…И правда, не век жить, а век вспоминать. Галерий Васильевич даже поежился, до того явственно пала ему теперь на ум та охота, и те красивые птицы с песнями, и сам он тогдашний, молодой, не женатый, полный силы и веры в свою единственную звезду. “На что вот мы живем?” — с безнадежной грустью подумал он. Птицы те убиты. Старик Андрей Прокопьевич давно помер. И даже его домина, выстроенный из неохватных лиственничных бревен, распилен на дрова почти до окладных венцов. А ведь какой пятистенок был! Как его Прокопьевич уделывал да устраивал, как радел над ним, не жалея трудов. Все думалось, уж эки-то хоромины не поизносятся, два века выстоят. И стояли бы, как пить дать, но не в те руки попали, да грибок еще по углам привязался… Вот и растут поленницы ядреных пиленых чурок на угоре, возле дома дедка Андрея.
Васильевич представил, как там, за вечерней рекой, притулилась на берегу его деревнюшка, всеми забытая и позаброшенная. Как зимой обметает ее снегами, а осенями идут дожди, и избы стоят на ветру холодные и черные, как головешки после пожара. Он снова вспомнил о сгоревшем доме, о сыне и вдруг впервые понял, как он одинок и стар и как коротка жизнь, если начинаешь думать о смерти. От этих мыслей сделалось страшно, будто он глянул с крутой щельи на реку с ее бесконечным и равнодушным течением. И будто какая-то сила подталкивала его сейчас к этому краю, влекла за собой вниз, в холодную и глубокую воду.
И будто бы оглушительно грянул гром, хвостанула молния из тяжелой тучи и на мгновение ослепила его. С горькою тоскою в душе, не отдавая себе отчета, Галерий Васильевич схватил ружье и сунул руку в карман, нашаривая патроны… Но вместо привычной коробки в ладони у него оказался кусок мыла.

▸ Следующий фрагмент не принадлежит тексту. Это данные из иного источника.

-- ===== src/Projections.antt =====
-- packages/db/src/materialization.ts: the rows that the events of a deployment are projected to. The
-- model has one deployment of one chain, so that no row names either. Hashes, addresses and JSON texts
-- are only compared, so they are numbers. A numeral is its number, and `none` where the text is none.
pub mod Strategies
pub mod Invoices
pub mod Blocks
pub mod Empty
use aqua_orbital.Prelude.{
  ℕ, ◌^◌, Bool, ◌&&◌, ◌||◌, List, Option, none, some, ltb, leb, ◌==◌, Result, ok, err, fail_if,
  ◌>>◌, ◌>>=◌,
}

pub data Error : Type 0 where
  invalid_strategy_transition invalid_swap_transition invalid_invoice_transition : Error
  conflicting_strategy_snapshot unique_violation check_violation : Error

-- The addresses of `DeploymentScope` that the projections compare.
pub record Scope : Type 0 where
  pub aqua : ℕ
  pub router : ℕ

-- Where an event stands: its block, and what `EventIdentity` and `RawEvent` say of it.
pub record Source : Type 0 where
  pub block_number : ℕ
  pub block_hash : ℕ
  pub tx_hash : ℕ
  pub log_index : ℕ

-- `block_number<$4 OR (block_number=$4 AND log_index<$5)`
abbrev pub is_before : Source → Source → Bool
is_before a b =
    ltb a.block_number b.block_number
    || (a.block_number == b.block_number) && ltb a.log_index b.log_index

-- The primary keys end in the block, the transaction and the log.
abbrev pub same_source : Source → Source → Bool
same_source a b =
    (a.block_hash == b.block_hash) && (a.tx_hash == b.tx_hash) && (a.log_index == b.log_index)

-- The configuration that an activation stores, as far as a swap reads it.
pub record Config : Type 0 where
  pub text : ℕ
  pub tokens : List ℕ
  pub decimals : List ℕ
  pub fee_ppm : ℕ
  pub tick_keys : List ℕ

-- `uint(value,bits)`
abbrev pub uint : Option ℕ → ℕ → Result Error ℕ
uint none bits = err invalid_swap_transition
uint (some v) bits = fail_if (leb (2 ^ bits) v) invalid_swap_transition >> ok v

Сегодня утром, сряжаясь на реку, Васильевич обнаружил на старом жерновном месте ящик с мылом. Мать, верно, припрятала его тут еще с войны, когда мыло ценилось наравне с хлебом. Василич подивился материнской прибористости и улыбнулся, вспомнив, как молола она жито, а он, совсем еще маленький, катался на верхнем жернове.
Ох, и сурова, могутна была матушка! Под елкой вместо паруса по реке ходила. В лесу напетается, придет домой еле жива, но ведь не присядет, давай опять обряжаться. Корову так нашоркает, намоет, что деревенские бабоньки только дивились: “Настасья, у тебя корова-то не на белых простынях ночует?” И уж стара стала, больна, а все на заднице ползала, грядки подрывала. Из деревни до крайней нужды не ехала. Потом Галерий сам не вытерпел: склал в сани сено, в сено — овец, козу и мать и почти силком вывез к себе в райцентр. Но что-то незалюбилось матери у сына. Вроде и с невесткой в ладу жила, и внуки не обижали, а она все сетовала да приварчивала.
Однажды, примерно за год до ее смерти, Галерий спросил:
— Мама, куда везти-то тебя, если что?
— А куды хотите, туда и везите, — ответила равнодушно. Но после спохватилась: — В деревню, на родину спроводите…
В последний раз позвала Галерия посередке ночи, воды попросила напиться. Отпила из ковшика всего глоток, а потом приподнялась сквозь силу на локотке и молча помахала с печки: мол, иди, вались давай спать, нечего тут тебе со старухой чикаться. И только после похорон Галерий раздумался, что мати-то не спать его отправляла, а прощалась с ним, махнув рукой напоследок.
До сорокового дня мать снилась Галерию часто. Все блазнилось, будто она созывает его к себе, но потом худые сны кончились, утекли куда-то, как речная муть, оставив в душе место только для светлой печали. Стало вспоминаться, как, смеясь, мать учила его отбивать стойку; как наловили они однажды в курье двоеушную корзину сорог (рыбы попалось столь много, что матери пришлось складывать ее в юбку); как намывала она его в русской бане, приговаривая: “Дедушко, соломеюшко, приди в баенку. Шильце да мыльце на полочке, красна рубашка на солнышке…” Ему казалось, даже и теперь мать смотрит на него из каких-то неведомых занебесных далей, оберегает своей молитвой и наставляет в дорогу. Вот и мыло послала, словно с напоминаньем: “Мой, мой, сынок, головушку, да не забывай, хоть иногда вспомяни родную мамушку!”